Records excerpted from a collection
########

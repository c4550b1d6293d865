-- ===== src/Cmd/RoundTrip.antt =====
-- The command 'config' while no node runs.
use sprintframework.Common.{ℕ, ◌≡◌, ◌≢◌, refl, ap, ◌∙◌, arith}
use sprintframework.Common.{false, Option, none, some, List, [], ◌∷◌}
use sprintframework.Common.{Bytes, codes, nat_eq, bytes_eq, if◌then◌else◌, ok, err, ◌>>=◌}
use sprintframework.Strings.{has_prefix}
use sprintframework.Core.Store.{Store, IsLawful}
use sprintframework.Core.ConfigRepository.{Repository, Fault, set}
use sprintframework.Core.ConfigRepository.Properties.{get-set}
use sprintframework.Server.Control.{Command}
use sprintframework.Client.{Method, config, Connection, command, wrapped, wrap_error}
use sprintframework.Cmd.{Runner, do_in_core, in_core, or_local}
use sprintframework.Cmd.Config.{
  Input, given_value, loaded, set_value, told, get_config, set_config, get_from_storage,
  set_in_storage,
}
use sprintframework.Cmd.Fallback.{
  Connects, only, get_config-reply, reply_or-err, get_from_storage-only,
}

-- Every call of the connection fails and leaves all as it is.
abbrev pub IsDown : {W : Type 0} → Connection W → Type 0
IsDown {W} c =
    (method : Method) (req : Command) (w : W) → (e : c.Error) × (c.call method req w ≡ (err e, w))

module _ (S : Store) (print : Fault S.Error → Bytes) where
  told-none :
      (p : Option (Fault S.Error) × Repository S × List ℕ)
      → p.0 ≡ none
      → told S print p ≡ (ok (codes "SUCCESS"), p.1)
  unfolding told
  told-none (none, t, handles) h = refl
  told-none (some e, t, handles) h = absurd (ground (arith, h))

module _ (S : Store) (print : Fault S.Error → Bytes) {W : Type 0} where
  set_in_storage-only :
      (run : Runner W) (t : Repository S) (key value : Bytes)
      → (set S t key value).0 ≡ none
      → set_in_storage S print run (only t) key value
        ≡ (ok (codes "SUCCESS"), some (set S t key value).1)
  unfolding set_in_storage do_in_core in_core told
  set_in_storage-only run t key value h =
      ap (λ r. (r.0, some r.1)) (told-none S print (set S t key value) h)

  set_value-down :
      (run : Runner W) (c : Connection W) (t : Repository S) (key value : Bytes) (w : W)
      → Connects run c
      → IsDown c
      → (set S t key value).0 ≡ none
      → set_value S print run (only t) key (ok value) w
        ≡ (ok (codes "SUCCESS"), w, some (set S t key value).1)
  unfolding set_value or_local command wrapped wrap_error
  set_value-down run c t key value w h down q =
      let (e, refused) =
        down config (record { command = codes "set"; args = key ∷ value ∷ [] }) w in
      let local = set_in_storage S print run (only t) key value in
      ap (λ r. or_local r local) (h Bytes _ w)
      ∙ ap
          (λ r.
            or_local ((wrapped c r).0 >>= (λ content. ok (codes "SUCCESS")), (wrapped c r).1) local)
          refused
      ∙ ap (λ r. (r.0, w, r.1)) (set_in_storage-only run t key value q)

  get_config-down :
      (run : Runner W) (c : Connection W) (t : Repository S) (key value : Bytes) (rest : List Bytes)
      (w : W)
      → Connects run c
      → IsDown c
      → sprintframework.Core.ConfigRepository.get S t key ≡ ok value
      → get_config S print run (only t) (key ∷ rest) w ≡ (ok value, w, some t)
  get_config-down run c t key value rest w h down g =
      let (e, refused) = down config (record { command = codes "get"; args = key ∷ [] }) w in
      get_config-reply S print run (only t) c key rest w h
      ∙ reply_or-err c config (codes "get") (key ∷ []) w w e
          (get_from_storage S print run (only t) key) refused
      ∙ ap (λ r. (r.0, w, r.1)) (get_from_storage-only S print run t key value g)

  -- While no node answers, 'config set' with a value that is not empty and not the name of a file
  -- reports success and writes the only core's repository, and 'config get' on that repository
  -- prints the value, if the store sets it. The client that is found is a connection whose calls
  -- all fail.
  pub get_config-set_config :
      (L : IsLawful S) (i : Input) (run : Runner W) (c : Connection W) (t : Repository S)
      (key value : Bytes) (rest more : List Bytes) (w : W)
      → Connects run c
      → IsDown c
      → value ≢ []
      → has_prefix value (codes "@") ≡ false
      → (set S t key value).0 ≡ none
      → let u = (set S t key value).1 in
        (set_config S print run (only t) i (key ∷ value ∷ rest) w
          ≡ (ok (codes "SUCCESS"), w, some u))
        × (get_config S print run (only u) (key ∷ more) w ≡ (ok value, w, some u))
  unfolding set_config given_value loaded
  get_config-set_config L i run c t key value rest more w h down ne at q =
      let u = (set S t key value).1 in
      (
        rw (at, if◌then◌else◌) (set_value-down run c t key value w h down q),
        get_config-down run c u key value more w h down (get-set S L t key value ne q),
      )
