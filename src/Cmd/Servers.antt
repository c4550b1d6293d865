-- ===== src/Cmd/Servers.antt =====
-- `doWithServers` and `runServers` of sprintcmd/utils.go, without the signals and the application.
-- A context is made by glue and holds beans: what matters of it is what each bean turns out to be
-- and how the context closes.
pub mod Closing
use sprintframework.Common.{ℕ, ◌+◌, arith}
use sprintframework.Common.{not, Option, none, some, List, [], ◌∷◌, ◌++◌, map}
use sprintframework.Common.{Bytes, codes, nat_eq, bytes_eq, Result, ok, err, ◌>>=◌}
use sprintframework.Common.Dict

-- A bean is a server `V`, made of it where need be, or an error.
pub record ServerContext (V : Type 0) : Type 0 where
  pub id : ℕ
  pub beans : List (Result Bytes V)
  pub close_error : Option Bytes

-- How the callback ends.
pub data Ending : Type 0 where
  returned : Option Bytes → Ending
  panicked : Bytes → Ending

-- The list of errors of the deferred function, which replaces the error of the body.
unfoldable pub final_error : Ending → List Bytes → List Bytes
final_error (panicked text) errors = text ∷ errors
final_error (returned none) errors = errors
final_error (returned (some e)) [] = e ∷ []
final_error (returned (some e)) (x ∷ errors) = x ∷ errors

module _ {V : Type 0} where
  -- The loop over the children: the contexts that were created, and the error of the first that
  -- was not.
  unfoldable pub create_all :
      List (Result Bytes (ServerContext V)) → List (ServerContext V) × Option Bytes
  create_all [] = ([], none)
  create_all (err e ∷ children) = ([], some e)
  create_all (ok ctx ∷ children) = let (list, e) = create_all children in (ctx ∷ list, e)

  bean_list : List (Result Bytes V) → Result Bytes (List V)
  bean_list [] = ok []
  bean_list (err e ∷ beans) = err e
  bean_list (ok v ∷ beans) = bean_list beans >>= (λ vs. ok (v ∷ vs))

  -- The loop over the contexts.
  unfoldable pub server_list : List (ServerContext V) → Result Bytes (List V)
  unfolding bean_list
  server_list [] = ok []
  server_list (ctx ∷ list) =
      bean_list ctx.beans >>= (λ vs. server_list list >>= (λ ws. ok (vs ++ ws)))

  unfoldable pub called : (List V → Ending) → Result Bytes (List V) → Ending
  called cb (err e) = returned (some e)
  called cb (ok servers) = cb servers

  -- The body of `doWithServers` in front of its deferred function.
  unfoldable pub body :
      List (Result Bytes (ServerContext V)) → (List V → Ending) → Ending × List (ServerContext V)
  unfolding called
  body [] cb = (returned (some (codes "no one server child context found in core context")), [])
  body (child ∷ children) cb =
      let (list, e) = create_all (child ∷ children) in
      (elim e [ some x ↦ returned (some x) | none ↦ called cb (server_list list) ], list)

  -- The errors of closing, in the order of the contexts.
  unfoldable pub close_all : List (ServerContext V) → List Bytes
  close_all [] = []
  close_all (ctx ∷ list) =
      let rest = close_all list in elim ctx.close_error [ none ↦ rest | some e ↦ e ∷ rest ]

  -- `doWithServers`: the errors that it reports, and the contexts that it closed.
  unfoldable pub do_with_servers :
      List (Result Bytes (ServerContext V)) → (List V → Ending) → List Bytes × List ℕ
  unfolding final_error
  do_with_servers children cb =
      let (ending, list) = body children cb in
      (final_error ending (close_all list), map (λ (c : ServerContext V). c.id) list)

-- The loop over the servers of `runServers`: a server that does not bind is left out.
unfoldable pub bound_servers : {V : Type 0} → (V → Option Bytes) → List V → List V
bound_servers bind [] = []
bound_servers bind (s ∷ servers) =
    let rest = bound_servers bind servers in elim (bind s) [ some e ↦ rest | none ↦ s ∷ rest ]

-- The first error of the servers in the order in which they end, as the group waits for it.
unfoldable pub first_error : {V : Type 0} → (V → Option Bytes) → List V → Option Bytes
first_error serve [] = none
first_error serve (s ∷ servers) =
    let rest = first_error serve servers in elim (serve s) [ some e ↦ some e | none ↦ rest ]

-- The callback of `runServers`, where the servers end in their order.
unfoldable pub run_bound : {V : Type 0} → (V → Option Bytes) → (V → Option Bytes) → List V → Ending
run_bound bind serve [] =
    returned (some (codes "sprint.Server instances are not found in server context"))
run_bound bind serve (s ∷ servers) = returned (first_error serve (bound_servers bind (s ∷ servers)))

-- `runServers`: the errors that it reports, and the contexts that it closed.
unfoldable pub run_servers :
    {V : Type 0}
    → (V → Option Bytes)
    → (V → Option Bytes)
    → List (Result Bytes (ServerContext V))
    → List Bytes × List ℕ
unfolding run_bound
run_servers bind serve children = do_with_servers children (run_bound bind serve)
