-- ===== src/Cmd/Servers/Closing.antt =====
-- Every context that is created for the servers is closed, and what is reported.
use sprintframework.Common.{ℕ, ◌≡◌, ◌≢◌, inl, inr, refl, sym, ap, ◌∙◌, arith}
use sprintframework.Common.{Option, none, some, List, [], ◌∷◌, map}
use sprintframework.Common.{Bytes, nat_eq, bytes_eq, All, Result, ok, err}
use sprintframework.Common.{Option-cases}
use sprintframework.Cmd.Servers.{
  ServerContext, Ending, returned, panicked, create_all, server_list, called, body, close_all,
  final_error, do_with_servers, bound_servers, first_error, run_bound, run_servers,
}

final_error-none :
    (ending : Ending) (errors : List Bytes)
    → final_error ending errors ≡ []
    → (ending ≡ returned none) × (errors ≡ [])
unfolding final_error
final_error-none (panicked text) errors e = absurd (ground (arith, e))
final_error-none (returned none) errors e = (refl, e)
final_error-none (returned (some x)) [] e = absurd (ground (arith, e))
final_error-none (returned (some x)) (y ∷ errors) e = absurd (ground (arith, e))

module _ {V : Type 0} where
  -- The contexts in front of the first child that cannot be created.
  abbrev pub created : List (Result Bytes (ServerContext V)) → List ℕ
  created [] = []
  created (err e ∷ children) = []
  created (ok ctx ∷ children) = ctx.id ∷ created children

  create_all-created :
      (children : List (Result Bytes (ServerContext V)))
      → map (λ (c : ServerContext V). c.id) (create_all children).0 ≡ created children
  unfolding create_all
  create_all-created [] = refl
  create_all-created (err e ∷ children) = refl
  create_all-created (ok ctx ∷ children) = ap (λ ids. ctx.id ∷ ids) (create_all-created children)

  body-created :
      (children : List (Result Bytes (ServerContext V))) (cb : List V → Ending)
      → map (λ (c : ServerContext V). c.id) (body children cb).1 ≡ created children
  unfolding body
  body-created [] cb = refl
  body-created (child ∷ children) cb = create_all-created (child ∷ children)

  -- What was done where the body ended without an error.
  abbrev pub Served : List (Result Bytes (ServerContext V)) → (List V → Ending) → Type 0
  Served children cb =
      (ctxs : List (ServerContext V)) × (servers : List V) × (create_all children ≡ (ctxs, none))
      × (server_list ctxs ≡ ok servers)
      × (cb servers ≡ returned none)
      × (close_all ctxs ≡ [])

  called-none :
      (cb : List V → Ending) (r : Result Bytes (List V))
      → called cb r ≡ returned none
      → (servers : List V) × (r ≡ ok servers) × (cb servers ≡ returned none)
  unfolding called
  called-none cb (err e) h = absurd (ground (arith, h))
  called-none cb (ok servers) h = (servers, refl, h)

  body-none :
      (children : List (Result Bytes (ServerContext V))) (cb : List V → Ending)
      → (body children cb).0 ≡ returned none
      → close_all (body children cb).1 ≡ []
      → Served children cb
  unfolding body
  body-none [] cb h c = absurd (ground (arith, h))
  body-none (child ∷ children) cb h c =
      let (list, e) = create_all (child ∷ children) in
      elim (Option-cases e) [
        | inr (x, q) ↦ absurd (ground (arith, h, q))
        | inl q ↦
            let (servers, s, r) = called-none cb (server_list list) (ground (arith, h, q)) in
            (list, servers, ap (λ x. (list, x)) q, s, r, c)
      ]

  -- Every context that was created in front of the first failure is closed, whatever the callback
  -- does, a panic too. If no error is reported, then every context was created, every bean was a
  -- server, the callback returned no error for them, and every context closed without one.
  pub do_with_servers_lem :
      (children : List (Result Bytes (ServerContext V))) (cb : List V → Ending)
      → ((do_with_servers children cb).1 ≡ created children)
        × ((do_with_servers children cb).0 ≡ [] → Served children cb)
  unfolding do_with_servers
  do_with_servers_lem children cb = (
    body-created children cb,
    (λ h.
        let (ended, closed) =
          final_error-none (body children cb).0 (close_all (body children cb).1) h in
        body-none children cb ended closed),
  )

  bound_servers-none :
      (bind : V → Option Bytes) (servers : List V)
      → All (λ s. bind s ≢ none) servers
      → bound_servers bind servers ≡ []
  unfolding bound_servers
  bound_servers-none bind [] h = refl
  bound_servers-none bind (s ∷ servers) (n, h) = elim (Option-cases (bind s)) [
    | inl e ↦ absurd (n e)
    | inr (x, e) ↦ rw (e, bound_servers) (bound_servers-none bind servers h)
  ]

  run_bound-unbound :
      (bind serve : V → Option Bytes) (s : V) (servers : List V)
      → All (λ t. bind t ≢ none) (s ∷ servers)
      → run_bound bind serve (s ∷ servers) ≡ returned none
  unfolding run_bound first_error
  run_bound-unbound bind serve s servers h =
      ap (λ ts. returned (first_error serve ts)) (bound_servers-none bind (s ∷ servers) h)

  body-called :
      (children : List (Result Bytes (ServerContext V))) (ctxs : List (ServerContext V)) (s : V)
      (servers : List V) (cb : List V → Ending)
      → create_all children ≡ (ctxs, none)
      → server_list ctxs ≡ ok (s ∷ servers)
      → body children cb ≡ (cb (s ∷ servers), ctxs)
  unfolding body create_all server_list called
  body-called [] ctxs s servers cb e l =
      let none_left : ok [] ≡ ok (s ∷ servers) = ap (λ p. server_list p.0) e ∙ l in
      absurd (ground (arith, none_left))
  body-called (child ∷ children) ctxs s servers cb e l =
      ap
        (λ p. (
          elim p.1 as (λ _. Ending) [
            | some x ↦ returned (some x)
            | none ↦ called cb (server_list p.0)
          ],
          p.0,
        ))
        e
      ∙ ap (λ r. (called cb r, ctxs)) l

  -- If every context is created, they hold servers, and none of these can be bound, then
  -- `runServers` serves none of them and reports nothing of it: it closes the contexts and reports
  -- the errors of closing alone, so it ends without an error if they close without one.
  pub run_servers-unbound :
      (bind serve : V → Option Bytes) (children : List (Result Bytes (ServerContext V)))
      (ctxs : List (ServerContext V)) (s : V) (servers : List V)
      → create_all children ≡ (ctxs, none)
      → server_list ctxs ≡ ok (s ∷ servers)
      → All (λ t. bind t ≢ none) (s ∷ servers)
      → run_servers bind serve children ≡ (close_all ctxs, created children)
  unfolding run_servers do_with_servers final_error
  run_servers-unbound bind serve children ctxs s servers e l h =
      let b = body-called children ctxs s servers (run_bound bind serve) e l in
      let r = run_bound-unbound bind serve s servers h in
      ap (λ p. (final_error p.0 (close_all p.1), map (λ (c : ServerContext V). c.id) p.1)) b
      ∙ ap (λ x. (final_error x (close_all ctxs), map (λ (c : ServerContext V). c.id) ctxs)) r
      ∙ ap (λ ids. (close_all ctxs, ids))
          (ap (λ p. map (λ (c : ServerContext V). c.id) p.0) (sym e) ∙ create_all-created children)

########

Problem
Determine how many lines above hold the word "without", then give only that number.

Answer space
4